Because it taught me that I could choose.


Available through most online retailers in most electronic formats or in paperback.

On Amazon here.


----------



## DharmaKazi (Jul 5, 2021)

Timsup2nothin said:


> View attachment 13758
> 
> 
> The hardest thing to remember when you are a bank robber is that you still look like everybody else. The giant sign that says JUST ROBBED A BANK is not flashing over your head, it is IN your head.
> ...





Timsup2nothin said:


> View attachment 13758
> 
> 
> The hardest thing to remember when you are a bank robber is that you still look like everybody else. The giant sign that says JUST ROBBED A BANK is not flashing over your head, it is IN your head.
> ...


How many bank did you rob?


----------



## Timsup2nothin (Jul 3, 2021)

DharmaKazi said:


> How many bank did you rob?


What? A spoiler alert!

More than a few, less than all of them. For further details...


----------



## Timsup2nothin (Jul 3, 2021)

Maybe I should have given a less flippant answer there, but I've had to work pretty hard at that question over the years because _I didn't really keep count._ The first one was supposed to be the only one. My lifestyle, as shown in the book, got pretty hectic after that and while it seems like I should know, I just don't exactly. Robbing banks was sort of like putting gas in the car, I just did it when the tank was low and didn't think too much about it as an event. When something funny or out of the ordinary happened, I remembered that because it was a story to be told...and this book is the result.


----------



## Timsup2nothin (Jul 3, 2021)

Today I got the first e-mail response from a media personality saying they would read my book. It's a great day, and a good day for a bump.


----------



## DharmaKazi (Jul 5, 2021)

Interesting answer. It surprises me how casual being a bank robber was for you. Oh I need money; which bank should I rob today?


----------



## Timsup2nothin (Jul 3, 2021)

DharmaKazi said:


> Interesting answer. It surprises me how casual being a bank robber was for you. Oh I need money; which bank should I rob today?

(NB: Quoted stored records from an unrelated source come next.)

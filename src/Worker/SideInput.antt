-- ===== src/Worker/SideInput.antt =====
-- src/common/worker/utils/side_input_tracker.py: whether the side input of a client has arrived in full.
-- An event is whether it is set. A method that returns a test returns it beside the new state.
use tp_distribuidos_moneylau.Prelude.{
  ℕ, suc, ◌+◌, ◌==◌, nat_eq, list_eq, list_beq_iff, Bool, true, false, ◌&&◌, Option, none, some,
  List, [], ◌∷◌, if◌then◌else◌, Dict, lookup, insert, erase, get_or, lookup-insert, get_or-insert,
  ◌≡◌, arith,
}
use tp_distribuidos_moneylau.Prelude.Int.{ℤ, pos, leb_ℤ}
use tp_distribuidos_moneylau.Prelude.Text.{Text}

pub record SideInputTracker : Type 0 where
  pub received : Dict Text ℕ
  pub expected : Dict Text ℤ
  pub ready : Dict Text Bool

abbrev pub empty : SideInputTracker
empty = record { received = []; expected = []; ready = [] }

unfoldable pub is_ready : Text → SideInputTracker → Bool
is_ready key t = get_or key false t.ready

-- the tests of `_check_ready` on a client whose event is not set
unfoldable pub has_all : Text → SideInputTracker → Bool
has_all key t = elim (lookup key t.expected) [
  | none ↦ false
  | some expected ↦ leb_ℤ expected (pos (get_or key 0 t.received))
]

unfoldable pub check_ready : Text → SideInputTracker → Bool × SideInputTracker
unfolding has_all
check_ready key t =
    let event = get_or key false t.ready in
    let opened = record t { ready = insert key event t.ready } in
    if event
    then (false, opened)
    else if has_all key t
    then (true, record t { ready = insert key true t.ready })
    else (false, opened)

unfoldable pub track_batch : Text → SideInputTracker → Bool × SideInputTracker
unfolding check_ready
track_batch key t =
    check_ready key (record t { received = insert key (get_or key 0 t.received + 1) t.received })

unfoldable pub set_expected : Text → ℤ → SideInputTracker → Bool × SideInputTracker
unfolding check_ready
set_expected key expected t =
    check_ready key (record t { expected = insert key expected t.expected })

unfoldable pub stats : Text → SideInputTracker → ℕ × Option ℤ × Bool
unfolding is_ready
stats key t = (get_or key 0 t.received, lookup key t.expected, is_ready key t)

unfoldable pub drop : Text → SideInputTracker → SideInputTracker
drop key t = record {
  received = erase key t.received;
  expected = erase key t.expected;
  ready = erase key t.ready;
}

unfoldable pub restore : Text → ℕ → Option ℤ → SideInputTracker → SideInputTracker
unfolding check_ready
restore key received expected t =
    (check_ready key (record {
      received = insert key received t.received;
      expected = elim expected [ none ↦ t.expected | some e ↦ insert key e t.expected ];
      ready = erase key t.ready;
    })).1

-- what a worker tells the tracker while it runs
pub data Update : Type 0 where
  batch : Text → Update
  expect : Text → ℤ → Update

abbrev pub key_of : Update → Text
key_of (batch key) = key
key_of (expect key _) = key

unfoldable pub step : Update → SideInputTracker → Bool × SideInputTracker
unfolding track_batch set_expected
step (batch key) t = track_batch key t
step (expect key expected) t = set_expected key expected t

-- how often the updates of a client say that its side input is there, and the tracker afterwards
unfoldable pub fires : Text → List Update → SideInputTracker → ℕ × SideInputTracker
unfolding step
fires key [] t = (0, t)
fires key (u ∷ us) t =
    let (fired, t') = step u t in
    let (n, t'') = fires key us t' in (if fired && (key_of u == key) then suc n else n, t'')

-- an update says so exactly if it makes its client ready, and leaves the other clients as they are
pub step-is_ready :
    (u : Update) (key : Text) (t : SideInputTracker)
    → is_ready key (step u t).1 ≡ (
        if key_of u == key then (if is_ready key t then true else (step u t).0) else is_ready key t)
unfolding step is_ready
step-is_ready (batch k) key t = ground (
  arith,
  list_beq_iff k key,
  get_or-insert key k (get_or k false t.ready) false t.ready,
  get_or-insert key k true false t.ready,
)
step-is_ready (expect k e) key t = ground (
  arith,
  list_beq_iff k key,
  get_or-insert key k (get_or k false t.ready) false t.ready,
  get_or-insert key k true false t.ready,
)

step-once :
    (u : Update) (t : SideInputTracker) → (step u t).0 ≡ true → is_ready (key_of u) t ≡ false
unfolding step is_ready
step-once (batch k) t e = ground arith
step-once (expect k x) t e = ground arith

-- Whatever the order of batches and expected counts: a client that was not ready is reported
-- ready exactly once if it is ready in the end, and never otherwise; one that was ready is not
-- reported again.
pub fires-once :
    (us : List Update) (key : Text) (t : SideInputTracker)
    → (fires key us t).0 + (if is_ready key t then 1 else 0)
      ≡ (if is_ready key (fires key us t).1 then 1 else 0)
unfolding fires
fires-once [] key t = omega arith
fires-once (u ∷ us) key t =
    let rest = fires-once us key (step u t).1 in
    let one = step-is_ready u key t in
    let once = step-once u t in ground (arith, list_beq_iff (key_of u) key)

-- no client with all of its side input is left waiting
abbrev pub IsPrompt : SideInputTracker → Type 0
IsPrompt t = (key : Text) → has_all key t ≡ true → is_ready key t ≡ true

step-IsPrompt : (u : Update) (t : SideInputTracker) → IsPrompt t → IsPrompt (step u t).1
unfolding step has_all is_ready
step-IsPrompt (batch k) t p key all = ground (
  arith,
  p key,
  list_beq_iff k key,
  get_or-insert key k (get_or k 0 t.received + 1) 0 t.received,
  get_or-insert key k (get_or k false t.ready) false t.ready,
  get_or-insert key k true false t.ready,
)
step-IsPrompt (expect k e) t p key all = ground (
  arith,
  p key,
  list_beq_iff k key,
  lookup-insert key k e t.expected,
  get_or-insert key k (get_or k false t.ready) false t.ready,
  get_or-insert key k true false t.ready,
)

-- the tracker after some updates
pub fires-IsPrompt :
    (us : List Update) (key : Text) (t : SideInputTracker)
    → IsPrompt t
    → IsPrompt (fires key us t).1
unfolding fires
fires-IsPrompt [] key t p = p
fires-IsPrompt (u ∷ us) key t p = fires-IsPrompt us key (step u t).1 (step-IsPrompt u t p)

empty-IsPrompt : IsPrompt empty
unfolding has_all lookup
empty-IsPrompt key all = cc

-- From the empty tracker, whatever the order of batches and expected counts: a client whose
-- expected count is known and reached has been reported ready exactly once.
pub fires_complete :
    (us : List Update) (key : Text)
    → has_all key (fires key us empty).1 ≡ true
    → (fires key us empty).0 ≡ 1
unfolding is_ready get_or lookup
fires_complete us key all =
    let ready = fires-IsPrompt us key empty empty-IsPrompt key all in
    let once = fires-once us key empty in ground arith
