-- ===== src/Worker/Sharding.antt =====
-- src/common/worker/utils/sharding.py and `_flush_sharded` of src/common/worker/stateful_worker.py: the items
-- of a flow are sent in batches that depend only on their content. `hash_of` (MD5) is an argument.
pub mod Laws
use tp_distribuidos_moneylau.Prelude.{
  ℕ, suc, ◌+◌, ◌/◌, ◌%◌, ◌-◌, ◌==◌, nat_eq, Eq, Bool, true, false, Option, none, some, List, [],
  ◌∷◌, ◌++◌, length, if◌then◌else◌, Dict, insert, lookup, get_or, ltb, ◌≡◌, refl, arith, inl, inr,
  Bool-cases, map, or_else, All, All-append,
}
use tp_distribuidos_moneylau.Prelude.Text.{Text}
use tp_distribuidos_moneylau.Ids.{flush_id}
use tp_distribuidos_moneylau.Worker.Hooks.{Sent}

-- `math.ceil(n / size)`; a size of 0 is a ZeroDivisionError, which the configuration rules out
unfoldable pub ceil_div : ℕ → ℕ → ℕ
ceil_div n size = (n + size - 1) / size

-- `d = defaultdict(list)` and `d[f(x)].append(g(x))` for each item in order
module _ {ℓ κ} {A : Type ℓ} {B : Type κ} (f : A → ℕ) (g : A → B) where
  unfoldable pub group_into : List A → Dict ℕ (List B) → Dict ℕ (List B)
  group_into [] groups = groups
  group_into (x ∷ xs) groups =
      group_into xs (insert (f x) (get_or (f x) [] groups ++ g x ∷ []) groups)

-- `shard_of`
unfoldable pub shard_of : (Text → ℕ) → Text → ℕ → ℕ
shard_of hash_of key num_shards = hash_of key % num_shards

module _ {A : Type 0} (hash_of : Text → ℕ) where
  module _ (node_id : ℕ) (client_id : Text) (key_of : A → Text) (num_shards batch_size : ℕ)
      (routing_key_for : ℕ → Text) where
    unfoldable pub num_buckets : List (ℕ × A) → ℕ
    unfolding ceil_div
    num_buckets pairs = let n = ceil_div (length pairs) batch_size in if ltb n 1 then 1 else n

    -- `(h, item)` with `h = hash_of(key_of(item))`
    unfoldable pub hashed : List A → List (ℕ × A)
    hashed items = map (λ item. (hash_of (key_of item), item)) items

    -- the batches of one shard
    unfoldable pub bucket_batches : ℕ → Dict ℕ (List A) → List (Sent (List A))
    bucket_batches shard [] = []
    bucket_batches shard ((bucket, items) ∷ buckets) =
        record {
          client_id = client_id;
          body = items;
          routing_key = some (routing_key_for shard);
          message_id = flush_id node_id client_id bucket;
        }
        ∷ bucket_batches shard buckets

    -- the loop over the shards
    unfoldable pub shard_batches : Dict ℕ (List (ℕ × A)) → List (Sent (List A))
    unfolding bucket_batches num_buckets group_into
    shard_batches [] = []
    shard_batches ((shard, pairs) ∷ shards) =
        bucket_batches shard
          (group_into (λ p. (p.0 / num_shards) % num_buckets pairs) (λ p. p.1) pairs [])
        ++ shard_batches shards

    -- `_flush_sharded`: what is sent
    unfoldable pub flush_sharded : List A → List (Sent (List A))
    unfolding shard_batches group_into hashed
    flush_sharded items =
        shard_batches (group_into (λ p. p.0 % num_shards) (λ p. p) (hashed items) [])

Well...it was actually a little different than that...I have a story in the book about "bank robber financial planning"...but the gist is that when I was low on money I would do a three bank road trip. I had a commitment that I would not rob banks if I didn't need the money, and looking back on it after I realized that had turned into "I am blowing this money so I can go rob some banks." My spending habits got...eccentric.


----------